The motives of my Grandfather and his friends for signing up are unknown.  Other soldiers who wrote of their experience of the war indicate they thought they were signing up for duty, for revenge of a brother who had died, or they felt they were taking part in an adventure.

If they thought they were signing up for the sake of adventure, they were mistaken.  The life of a soldier was one of long bouts of tedium, followed by short bursts of hair raising terror.  Battle actually occupies a very small portion of the soldier's time.  The soldier in the Great War was required to put in eight hours of labour every day, same as a regular job.  The work was back breaking and tedious.  Digging trenches, moving munitions, shovelling out horse stalls. Some units in the army were pure work units, and were never intended for battle. Then there were the endless parades.  Pay parades, bath parades, food parades, mail parades and the insufferable orders of superior officers.

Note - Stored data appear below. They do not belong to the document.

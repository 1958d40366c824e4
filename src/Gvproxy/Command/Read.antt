-- ===== src/Gvproxy/Command/Read.antt =====
-- What gvproxy reads from the command line that ToCmdline writes.
use gvisor_tap_vsock.Base.{
  ◌≡◌, refl, ◌∙◌, Bool, true, false, none, List, [], ◌∷◌, ◌++◌, Text, codes, text_eq, nat_eq,
  lookup, KeysDistinct, All, if◌then◌else◌,
}
use gvisor_tap_vsock.Gvproxy.Options.{
  ℤ, Strconv, ReadsBack, Options, default_options, set_flag, parsed, parse, flag_kind,
  read_argument,
}
use gvisor_tap_vsock.Gvproxy.Command.{
  GvproxyCommand, vpnkit, qemu, bess, stdio, vfkit, socket_flag, sock, dest, user, identity,
  forward_flag, or_empty, with_flag, endpoints_to_cmdline, to_cmdline, forward_info_to_cmdline,
  sockets_to_cmdline,
}
use gvisor_tap_vsock.Gvproxy.Command.Lines.{
  all_given, parse-flag, parse-values, or_old, with_sockets, IsSocket, parse-sockets,
}
use gvisor_tap_vsock.Gvproxy.Command.Forwards.{with_forwards, IsForward, parse-forwards}

-- The maps have each key once, and the keys are flags.
abbrev pub IsValid : GvproxyCommand → Type 0
IsValid c =
    (KeysDistinct c.sockets × All IsSocket c.sockets)
    × (KeysDistinct c.forward_info × All IsForward c.forward_info)

-- What gvproxy should be given
abbrev pub options_of : GvproxyCommand → Options
options_of c = record {
  show_version = false;
  debug = c.debug;
  mtu = c.mtu;
  endpoints = all_given c.endpoints;
  vpnkit_socket = or_old [] (lookup (socket_flag vpnkit) c.sockets);
  qemu_socket = or_old [] (lookup (socket_flag qemu) c.sockets);
  bess_socket = or_old [] (lookup (socket_flag bess) c.sockets);
  stdio_socket = or_old [] (lookup (socket_flag stdio) c.sockets);
  vfkit_socket = or_old [] (lookup (socket_flag vfkit) c.sockets);
  forward_socket = all_given (or_empty (lookup (forward_flag sock) c.forward_info));
  forward_dest = all_given (or_empty (lookup (forward_flag dest) c.forward_info));
  forward_user = all_given (or_empty (lookup (forward_flag user) c.forward_info));
  forward_identify = all_given (or_empty (lookup (forward_flag identity) c.forward_info));
  ssh_port = c.ssh_port;
  pid_file = c.pid_file;
}

module _ (lib : Strconv) where
  parse-endpoints :
      (values args : List Text) (o : Options)
      → parse lib none (endpoints_to_cmdline values ++ args) o
        ≡ parse lib none args (record o { endpoints = o.endpoints ++ all_given values })
  unfolding endpoints_to_cmdline read_argument flag_kind set_flag
  parse-endpoints values args o =
      parse-values lib (codes "listen") values args (λ xs. record o { endpoints = xs }) o.endpoints
        (refl, refl) (λ ys v. refl)

  parse-debug :
      (b : Bool) (args : List Text) (o : Options)
      → o.debug ≡ false
      → parse lib none ((if b then codes "-debug" ∷ [] else []) ++ args) o
        ≡ parse lib none args (record o { debug = b })
  unfolding parse read_argument flag_kind set_flag
  parse-debug true args o h = refl
  parse-debug false args o h = rw (← h) refl

  parse-mtu :
      (n : ℤ) (args : List Text) (o : Options)
      → ReadsBack lib n
      → parse lib none (codes "-mtu" ∷ lib.itoa n ∷ args) o
        ≡ parse lib none args (record o { mtu = n })
  unfolding read_argument flag_kind set_flag
  parse-mtu n args o h =
      parse-flag lib (codes "mtu") (lib.itoa n) args o (record o { mtu = n }) (refl, refl)
        (rw h refl)

  parse-ssh_port :
      (n : ℤ) (args : List Text) (o : Options)
      → ReadsBack lib n
      → parse lib none (codes "-ssh-port" ∷ lib.itoa n ∷ args) o
        ≡ parse lib none args (record o { ssh_port = n })
  unfolding read_argument flag_kind set_flag
  parse-ssh_port n args o h =
      parse-flag lib (codes "ssh-port") (lib.itoa n) args o (record o { ssh_port = n }) (refl, refl)
        (rw h refl)

  parse-pid_file :
      (t : Text) (o : Options)
      → o.pid_file ≡ []
      → parse lib none (with_flag (codes "pid-file") t) o ≡ parsed (record o { pid_file = t })
  unfolding parse read_argument flag_kind set_flag
  parse-pid_file [] o h = rw (← h) refl
  parse-pid_file (c ∷ s) o h = refl

  -- gvproxy reads from the command line of a command the options that the command stands for.
  pub parse-to_cmdline :
      (c : GvproxyCommand)
      → IsValid c
      → ReadsBack lib c.mtu
      → ReadsBack lib c.ssh_port
      → parse lib none (to_cmdline lib c) default_options ≡ parsed (options_of c)
  unfolding to_cmdline
  parse-to_cmdline c valid mtu ssh =
      let pid = with_flag (codes "pid-file") c.pid_file in
      let forwards = forward_info_to_cmdline c.forward_info ++ pid in
      let sockets = sockets_to_cmdline c.sockets ++ forwards in
      let ssh_port = codes "-ssh-port" ∷ lib.itoa c.ssh_port ∷ sockets in
      let mtus = codes "-mtu" ∷ lib.itoa c.mtu ∷ ssh_port in
      let debugs = (if c.debug then codes "-debug" ∷ [] else []) ++ mtus in
      let o = record default_options { endpoints = all_given c.endpoints } in
      let o2 = record o { debug = c.debug; mtu = c.mtu; ssh_port = c.ssh_port } in
      parse-endpoints c.endpoints debugs default_options
      ∙ (parse-debug c.debug mtus o refl
          ∙ (parse-mtu c.mtu ssh_port (record o { debug = c.debug }) mtu
              ∙ (parse-ssh_port c.ssh_port sockets (record o { debug = c.debug; mtu = c.mtu }) ssh
                  ∙ (parse-sockets lib c.sockets forwards o2 valid.0.0 valid.0.1
                      ∙ (parse-forwards lib c.forward_info pid (with_sockets c.sockets o2) valid.1.0
                            valid.1.1
                          ∙ parse-pid_file c.pid_file
                              (with_forwards c.forward_info (with_sockets c.sockets o2)) refl)))))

One soldier wrote of how a British officer commanding a base where the Canadians were stationed was appalled by the slipshod way the Canadians went about their bathing.  He ordered the Canadians to organize and march properly to the baths, wearing their bathrobes, their towel folded and placed over their shoulder, carrying their shaving kit in one hand, and march in precision to the bath.  The Canadians, however, had a different style of bath robes than the British.  The Canadian robe ended at the waist.  The soldiers, however, decided to teach the British officer a lesson by following his orders exactly.  They put on their too short robes, threw their towels over their shoulder and carried their shaving case in the proper hand and marched in perfect precision, naked from the waist down, to the baths.  Their path carried them past the hospital.  The nurses came out, and whistled and cheered them on as they passed.  The men neatly saluted and continued on.  The British considered the Canadians to be the most unruly of all their troops.

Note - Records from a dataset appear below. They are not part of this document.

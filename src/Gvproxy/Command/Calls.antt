-- ===== src/Gvproxy/Command/Calls.antt =====
-- The methods of GvproxyCommand, by what gvproxy then reads from its command line.
use gvisor_tap_vsock.Base.{
  suc, ◌≡◌, refl, ap, ◌∙◌, Bool, false, arith, none, some, List, [], ◌∷◌, ◌++◌, Text, text_eq,
  nat_eq, append_assoc, append-nil, GoMap, lookup, insert, All, insert-KeysDistinct, ltb, length,
  if◌then◌else◌, ==_iff, ◌==◌, Bool-cases, inl, inr, map_laws,
}
use gvisor_tap_vsock.Gvproxy.Options.{
  ℤ, Strconv, ReadsBack, Options, default_options, parsed, parse,
}
use gvisor_tap_vsock.Gvproxy.Command.{
  GvproxyCommand, new_gvproxy_command, add_endpoint, SocketKind, vpnkit, qemu, bess, stdio, vfkit,
  socket_flag, add_socket, ForwardKind, sock, dest, user, identity, forward_flag, add_forward,
  add_forward_info, check_sockets_initialized, check_forward_info_initialized, or_empty, to_cmdline,
}
use gvisor_tap_vsock.Gvproxy.Command.Lines.{given, all_given, or_old, put_socket, IsSocket}
use gvisor_tap_vsock.Gvproxy.Command.Forwards.{put_forwards, forwards_of, IsForward}
use gvisor_tap_vsock.Gvproxy.Command.Read.{IsValid, options_of, parse-to_cmdline}

-- The calls that build a command, and the public fields that a program sets
pub data Call : Type 0 where
  endpoint set_pid_file : Text → Call
  socket : SocketKind → Text → Call
  forward : ForwardKind → Text → Call
  set_debug : Bool → Call
  set_mtu set_ssh_port : ℤ → Call

abbrev pub do_call : Call → GvproxyCommand → GvproxyCommand
do_call (endpoint value) c = add_endpoint value c
do_call (set_pid_file value) c = record c { pid_file = value }
do_call (socket kind value) c = add_socket kind value c
do_call (forward kind value) c = add_forward kind value c
do_call (set_debug value) c = record c { debug = value }
do_call (set_mtu value) c = record c { mtu = value }
do_call (set_ssh_port value) c = record c { ssh_port = value }

abbrev pub do_calls : List Call → GvproxyCommand → GvproxyCommand
do_calls [] c = c
do_calls (call ∷ calls) c = do_calls calls (do_call call c)

-- What a call asks of gvproxy: a later socket of a kind replaces the earlier one, an endpoint or a
-- part of a forward is one more, and an empty text is none.
abbrev pub asked : Call → Options → Options
asked (endpoint value) o = record o { endpoints = o.endpoints ++ given value }
asked (set_pid_file value) o = record o { pid_file = value }
asked (socket kind value) o = put_socket kind value o
asked (forward kind value) o = put_forwards kind o (forwards_of kind o ++ given value)
asked (set_debug value) o = record o { debug = value }
asked (set_mtu value) o = record o { mtu = value }
asked (set_ssh_port value) o = record o { ssh_port = value }

abbrev pub all_asked : List Call → Options → Options
all_asked [] o = o
all_asked (call ∷ calls) o = all_asked calls (asked call o)

all_given-append : (xs ys : List Text) → all_given (xs ++ ys) ≡ all_given xs ++ all_given ys
all_given-append [] ys = refl
all_given-append (x ∷ xs) ys =
    rw (append_assoc (given x) (all_given xs) (all_given ys))
      (ap (λ (t : List Text). given x ++ t) (all_given-append xs ys))

-- An empty map is replaced by an empty one.
sockets_initialized : (c : GvproxyCommand) → check_sockets_initialized c ≡ c
sockets_initialized c = go c.sockets
  where
    go :
        (m : GoMap Text Text)
        → (if ltb (length m) 1 then record c { sockets = [] } else record c { sockets = m })
          ≡ record c { sockets = m }
    go [] = refl
    go (entry ∷ m) = let full : ltb (suc (length m)) 1 ≡ false = ground arith in rw full refl

forward_info_initialized : (c : GvproxyCommand) → check_forward_info_initialized c ≡ c
forward_info_initialized c = go c.forward_info
  where
    go :
        (m : GoMap Text (List Text))
        → (if ltb (length m) 1
            then record c { forward_info = [] }
            else record c { forward_info = m })
          ≡ record c { forward_info = m }
    go [] = refl
    go (entry ∷ m) = let full : ltb (suc (length m)) 1 ≡ false = ground arith in rw full refl

endpoints_initialized :
    (c : GvproxyCommand)
    → (if ltb (length c.endpoints) 1 then record c { endpoints = [] } else c) ≡ c
endpoints_initialized c = go c.endpoints
  where
    go :
        (m : List Text)
        → (if ltb (length m) 1 then record c { endpoints = [] } else record c { endpoints = m })
          ≡ record c { endpoints = m }
    go [] = refl
    go (entry ∷ m) = let full : ltb (suc (length m)) 1 ≡ false = ground arith in rw full refl

add_endpoint_lem :
    (value : Text) (c : GvproxyCommand)
    → add_endpoint value c ≡ record c { endpoints = c.endpoints ++ value ∷ [] }
unfolding add_endpoint
add_endpoint_lem value c =
    ap (λ (d : GvproxyCommand). record d { endpoints = d.endpoints ++ value ∷ [] })
      (endpoints_initialized c)

add_socket_lem :
    (kind : SocketKind) (value : Text) (c : GvproxyCommand)
    → add_socket kind value c ≡ record c { sockets = insert (socket_flag kind) value c.sockets }
unfolding add_socket
add_socket_lem kind value c =
    ap (λ (d : GvproxyCommand). record d { sockets = insert (socket_flag kind) value d.sockets })
      (sockets_initialized c)

abbrev with_forward : ForwardKind → Text → GvproxyCommand → GvproxyCommand
with_forward kind value c = record c {
  forward_info =
      insert (forward_flag kind)
        (or_empty (lookup (forward_flag kind) c.forward_info) ++ value ∷ []) c.forward_info;
}

add_forward_lem :
    (kind : ForwardKind) (value : Text) (c : GvproxyCommand)
    → add_forward kind value c ≡ with_forward kind value c
unfolding add_forward add_forward_info
add_forward_lem kind value c = ap (with_forward kind value) (forward_info_initialized c)

-- Every call keeps the maps well formed.
module _ {ℓ} {V : Type ℓ} (P : Text × V → Type ℓ) where
  insert-All :
      (k : Text) (v : V) (m : GoMap Text V)
      → ((name : Text) → name ≡ k → P (name, v))
      → All P m
      → All P (insert k v m)
  unfolding insert
  insert-All k v [] new h = (new k refl, tt)
  insert-All k v ((name, old) ∷ m) new h = elim (Bool-cases (name == k)) [
    | inl same ↦ rw same (new name ((==_iff name k).0 same), h.1)
    | inr other ↦ rw other (h.0, insert-All k v m new h.1)
  ]

pub do_call-IsValid : (call : Call) (c : GvproxyCommand) → IsValid c → IsValid (do_call call c)
do_call-IsValid (endpoint value) c valid = rw (add_endpoint_lem value c) valid
do_call-IsValid (set_pid_file value) c valid = valid
do_call-IsValid (socket kind value) c ((distinct, named), forwards) =
    rw (add_socket_lem kind value c) (
      (
        insert-KeysDistinct (socket_flag kind) value c.sockets distinct,
        insert-All IsSocket (socket_flag kind) value c.sockets (λ name e. (kind, e)) named,
      ),
      forwards,
    )
do_call-IsValid (forward kind value) c (sockets, (distinct, named)) =
    let values = or_empty (lookup (forward_flag kind) c.forward_info) ++ value ∷ [] in
    rw (add_forward_lem kind value c) (
      sockets,
      (
        insert-KeysDistinct (forward_flag kind) values c.forward_info distinct,
        insert-All IsForward (forward_flag kind) values c.forward_info (λ name e. (kind, e)) named,
      ),
    )
do_call-IsValid (set_debug value) c valid = valid
do_call-IsValid (set_mtu value) c valid = valid
do_call-IsValid (set_ssh_port value) c valid = valid

or_old-empty : (value : Text) → or_old [] (some value) ≡ value
or_old-empty [] = refl
or_old-empty (c ∷ s) = refl

all_given-set :
    (values : List Text) (value : Text)
    → all_given (values ++ value ∷ []) ≡ all_given values ++ given value
all_given-set values value =
    rw (all_given-append values (value ∷ []), append-nil (given value)) refl

ruleset reading = (map_laws, or_old-empty, all_given-set)

options_of-do_call :
    (call : Call) (c : GvproxyCommand) → options_of (do_call call c) ≡ asked call (options_of c)
options_of-do_call (endpoint value) c = rw (add_endpoint_lem value c) (simp reading refl)
options_of-do_call (set_pid_file value) c = refl
options_of-do_call (socket vpnkit value) c = rw (add_socket_lem vpnkit value c) (simp reading refl)
options_of-do_call (socket qemu value) c = rw (add_socket_lem qemu value c) (simp reading refl)
options_of-do_call (socket bess value) c = rw (add_socket_lem bess value c) (simp reading refl)
options_of-do_call (socket stdio value) c = rw (add_socket_lem stdio value c) (simp reading refl)
options_of-do_call (socket vfkit value) c = rw (add_socket_lem vfkit value c) (simp reading refl)
options_of-do_call (forward sock value) c = rw (add_forward_lem sock value c) (simp reading refl)
options_of-do_call (forward dest value) c = rw (add_forward_lem dest value c) (simp reading refl)
options_of-do_call (forward user value) c = rw (add_forward_lem user value c) (simp reading refl)
options_of-do_call (forward identity value) c =
    rw (add_forward_lem identity value c) (simp reading refl)
options_of-do_call (set_debug value) c = refl
options_of-do_call (set_mtu value) c = refl
options_of-do_call (set_ssh_port value) c = refl

options_of-do_calls :
    (calls : List Call) (c : GvproxyCommand)
    → options_of (do_calls calls c) ≡ all_asked calls (options_of c)
options_of-do_calls [] c = refl
options_of-do_calls (call ∷ calls) c =
    options_of-do_calls calls (do_call call c) ∙ ap (all_asked calls) (options_of-do_call call c)

do_calls-IsValid : (calls : List Call) (c : GvproxyCommand) → IsValid c → IsValid (do_calls calls c)
do_calls-IsValid [] c valid = valid
do_calls-IsValid (call ∷ calls) c valid =
    do_calls-IsValid calls (do_call call c) (do_call-IsValid call c valid)

-- The command line refines the calls: whatever calls build a command, gvproxy's flags read from its
-- command line exactly the options that the calls ask for one after the other, from the defaults, if
-- the two numbers in it can be printed and read back.
pub parse-do_calls :
    (lib : Strconv) (calls : List Call)
    → ReadsBack lib (all_asked calls default_options).mtu
    → ReadsBack lib (all_asked calls default_options).ssh_port
    → parse lib none (to_cmdline lib (do_calls calls new_gvproxy_command)) default_options
      ≡ parsed (all_asked calls default_options)
unfolding new_gvproxy_command lookup
parse-do_calls lib calls m ssh =
    let c = do_calls calls new_gvproxy_command in
    let same : options_of c ≡ all_asked calls default_options =
      options_of-do_calls calls new_gvproxy_command in
    let mtus : c.mtu ≡ (all_asked calls default_options).mtu = ap (λ (o : Options). o.mtu) same in
    let ports : c.ssh_port ≡ (all_asked calls default_options).ssh_port =
      ap (λ (o : Options). o.ssh_port) same in
    parse-to_cmdline lib c (do_calls-IsValid calls new_gvproxy_command ((tt, tt), (tt, tt)))
      (rw mtus m) (rw ports ssh)
    ∙ ap parsed same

Sometimes they had some leave time.  Occasionally they went to the big cities.  The men were young, they were on their own, often for the first  time, and, for a soldier in the Great War, the Canadians were generally better paid than the troops of other countries.  Not surprisingly, Canadians were soon suffering from a minor syphilis epidemic.

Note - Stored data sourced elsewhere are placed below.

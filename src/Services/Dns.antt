-- ===== src/Services/Dns.antt =====
-- pkg/services/dns/dns.go: the DNS server of the gateway. It answers from its own zones and asks the
-- host's resolver for all other names. The locks on the zones are held for a whole call.
pub mod Suffix
pub mod Zones
pub mod Answers
pub mod Asked
mod Tests
use gvisor_tap_vsock.Base.{
  ℕ, ◌+◌, Bool, true, false, Option, none, some, List, [], ◌∷◌, ◌++◌, Text, text_eq, nat_eq, ◌==◌,
  if◌then◌else◌, length, ◌&&◌, ◌||◌, not, cut_suffix,
}
use gvisor_tap_vsock.GoNet.{Ip}

-- types.Record and types.Zone; a compiled expression is the set of texts that it matches.
pub record Record : Type 0 where
  pub name : Text
  pub ip : Ip
  pub regexp : Option (Text → Bool)

pub record Zone : Type 0 where
  pub name : Text
  pub records : List Record
  pub default_ip : Ip

-- The types of questions and the response code that the code names, from miekg/dns
abbrev pub type_a : ℕ
type_a = 1

abbrev pub type_ns : ℕ
type_ns = 2

abbrev pub type_cname : ℕ
type_cname = 5

abbrev pub type_mx : ℕ
type_mx = 15

abbrev pub type_txt : ℕ
type_txt = 16

abbrev pub type_srv : ℕ
type_srv = 33

abbrev pub rcode_name_error : ℕ
rcode_name_error = 3

pub record Question : Type 0 where
  pub name : Text
  pub qtype : ℕ

pub record Srv : Type 0 where
  pub target : Text
  pub port : ℕ
  pub priority : ℕ
  pub weight : ℕ

-- The records of an answer. Their class is always INET and their time to live 0.
pub data Rr : Type 0 where
  a_rr : Text → Ip → Rr
  cname_rr : Text → Text → Rr
  mx_rr : Text → Text → ℕ → Rr
  ns_rr : Text → Text → Rr
  srv_rr : Text → Srv → Rr
  txt_rr : Text → List Text → Rr

pub record Msg : Type 0 where
  pub questions : List Question
  pub answers : List Rr
  pub rcode : ℕ
  pub recursion_available : Bool

-- The host's resolver, none on an error, and net.IP.To4, the empty slice where it is nil
pub record Resolver : Type 0 where
  pub lookup_ip_addr : Text → Option (List Ip)
  pub lookup_cname : Text → Option Text
  pub lookup_mx : Text → Option (List (Text × ℕ))
  pub lookup_ns : Text → Option (List Text)
  pub lookup_srv : Text → Option (List Srv)
  pub lookup_txt : Text → Option (List Text)
  pub to4 : Ip → Ip

-- A question either ends the whole of addAnswers or goes on to the next one.
pub data Answered : Type 0 where
  returns goes_on : Msg → Answered

abbrev pub answer : Msg → List Rr → Msg
answer m rrs = record m { answers = m.answers ++ rrs }

abbrev pub name_error : Msg → Msg
name_error m = record m { rcode = rcode_name_error }

-- (record.Name != "" && record.Name == withoutZone) || (record.Regexp != nil && ...)
unfoldable pub matches_regexp : Option (Text → Bool) → Text → Bool
matches_regexp none name = false
matches_regexp (some matches) name = matches name

unfoldable pub matches_record : Record → Text → Bool
unfolding matches_regexp
matches_record r name = not (r.name == []) && r.name == name || matches_regexp r.regexp name

-- The loop over the records of a zone, and the default address behind it. IP.Equal(net.IP(""))
-- holds of the empty address only.
unfoldable pub answer_zone : List Record → Ip → Question → Text → Msg → Msg
answer_zone [] [] q name m = name_error m
answer_zone [] (b ∷ default_ip) q name m = answer m (a_rr q.name (b ∷ default_ip) ∷ [])
answer_zone (r ∷ records) default_ip q name m =
    if matches_record r name
    then answer m (a_rr q.name r.ip ∷ [])
    else answer_zone records default_ip q name m

-- The loop over the zones; none if no zone's suffix fits the name
unfoldable pub answer_locally : List Zone → Question → Msg → Option Msg
answer_locally [] q m = none
answer_locally (z ∷ zones) q m = elim (cut_suffix q.name (b'.' ∷ z.name)) [
  | none ↦ answer_locally zones q m
  | some without_zone ↦
      some (if q.qtype == type_a then answer_zone z.records z.default_ip q without_zone m else m)
]

-- for _, ip := range ips: only the addresses of version 4
unfoldable pub a_rrs : (Ip → Ip) → Text → List Ip → List Rr
a_rrs to4 name [] = []
a_rrs to4 name (ip ∷ ips) =
    if length (to4 ip) == 4 then a_rr name (to4 ip) ∷ a_rrs to4 name ips else a_rrs to4 name ips

-- for _, mx := range records, and the same loop for the other types
unfoldable pub each_rr : {A : Type 0} → (A → Rr) → List A → List Rr
each_rr rr [] = []
each_rr rr (x ∷ xs) = rr x ∷ each_rr rr xs

-- if err != nil { m.Rcode = dns.RcodeNameError; return }
unfoldable pub upstream : {A : Type 0} → Option A → (A → List Rr) → Msg → Answered
upstream none rrs m = returns (name_error m)
upstream (some found) rrs m = goes_on (answer m (rrs found))

-- switch q.Qtype
unfoldable pub answer_upstream : Resolver → Question → Msg → Answered
unfolding upstream each_rr a_rrs
answer_upstream r q m =
    if q.qtype == type_a
    then upstream (r.lookup_ip_addr q.name) (a_rrs r.to4 q.name) m
    else if q.qtype == type_cname
    then upstream (r.lookup_cname q.name) (λ cname. cname_rr q.name cname ∷ []) m
    else if q.qtype == type_mx
    then upstream (r.lookup_mx q.name) (each_rr (λ mx. mx_rr q.name mx.0 mx.1)) m
    else if q.qtype == type_ns
    then upstream (r.lookup_ns q.name) (each_rr (ns_rr q.name)) m
    else if q.qtype == type_srv
    then upstream (r.lookup_srv q.name) (each_rr (srv_rr q.name)) m
    else if q.qtype == type_txt
    then upstream (r.lookup_txt q.name) (λ texts. txt_rr q.name texts ∷ []) m
    else goes_on m

unfoldable pub answer_question : List Zone → Resolver → Question → Msg → Answered
answer_question zones r q m = elim (answer_locally zones q m) [
  | some m' ↦ returns m'
  | none ↦ answer_upstream r q m
]

-- addAnswers, over the questions of the message
unfoldable pub add_answers : List Zone → Resolver → List Question → Msg → Msg
add_answers zones r [] m = m
add_answers zones r (q ∷ questions) m = elim (answer_question zones r q m) [
  | returns m' ↦ m'
  | goes_on m' ↦ add_answers zones r questions m'
]

-- What handle calls of miekg/dns
pub record DnsLib : Type 0 where
  pub set_reply : Msg → Msg
  pub edns0_udp_size : Msg → Option ℕ
  pub truncate : ℕ → Msg → Msg

-- handle: the message that is written
abbrev pub response_size : Option ℕ → ℕ → ℕ
response_size none size = size
response_size (some udp_size) size = udp_size

unfoldable pub handle : DnsLib → List Zone → Resolver → ℕ → Msg → Msg
handle lib zones r size request =
    let reply = record (lib.set_reply request) { recursion_available = true } in
    lib.truncate (response_size (lib.edns0_udp_size request) size)
      (add_answers zones r reply.questions reply)

-- handleTCP with dns.MaxMsgSize, handleUDP with dns.MinMsgSize
unfoldable pub handle_tcp : DnsLib → List Zone → Resolver → Msg → Msg
unfolding handle
handle_tcp lib zones r = handle lib zones r 65535

unfoldable pub handle_udp : DnsLib → List Zone → Resolver → Msg → Msg
unfolding handle
handle_udp lib zones r = handle lib zones r 512

-- addZone
unfoldable pub add_zone : Zone → List Zone → List Zone
add_zone req [] = req ∷ []
add_zone req (zone ∷ zones) =
    if zone.name == req.name
    then record req { records = req.records ++ zone.records } ∷ zones
    else zone ∷ add_zone req zones

-- The handler of /add: the method, and the body as the JSON decoder reads it
pub data Status : Type 0 where
  status_ok bad_request : Status

unfoldable pub add_endpoint : Bool → Option Zone → List Zone → Status × List Zone
add_endpoint false body zones = (bad_request, zones)
add_endpoint true none zones = (bad_request, zones)
add_endpoint true (some req) zones = (status_ok, add_zone req zones)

There was one activity that soldiers did more often than fight, or bother the British, or consort with the kind of woman their mother warned them against:  Smoking.  It was during the war that cigarettes became popular.  They began to come ready rolled, they were free, and soon it was the soldiers greatest pastime.  One soldier observed

To him (the soldier) the cigarette is the panacea of all ills.  I have seen men die with a cigarette between their lips- the last favour they had requested on earth.  If the soldier was in pain, he smokes for comfort; when he receives good news, he smokes for joy; if the news is bad, he smokes for consolation; if he is well- he smokes; when he is ill, he smokes.  But good news or bad, sick or well, he always smokes.

Smoking could be bad for your health in a very direct and immediate way.  A neighbour of my mother's was killed in the Second World War.  it was only after the war ended, and the troops came home, that the family found out how and why.  He had been on patrol one night when he stopped to light a cigarette.  The flame of the match stood out on the dark night, a German sniper spotted it, and put a round through his head.

Smoking was also practical for the soldiers, as it was a way of detecting phosgene

It was a peculiar combination of smoke and gas that lead to one of the great symbols of the first world war.  During the Second Battle of Ypres, where the Canadians held the line against the first gas attack in history, a young Canadian doctor treating the wounded at  field hospital, took a break and stepped outside for a smoke.  While smoking he looked out over the crosses in the cemetery near the hospital, and the flowers growing among them.  The sight of them moved and inspired him somehow.  The doctor, John McRae reached into his pocket, pulled out his notebook and pencil, and wrote down a few lines.  They eventually became the most popular poem of the war, In Flanders Field.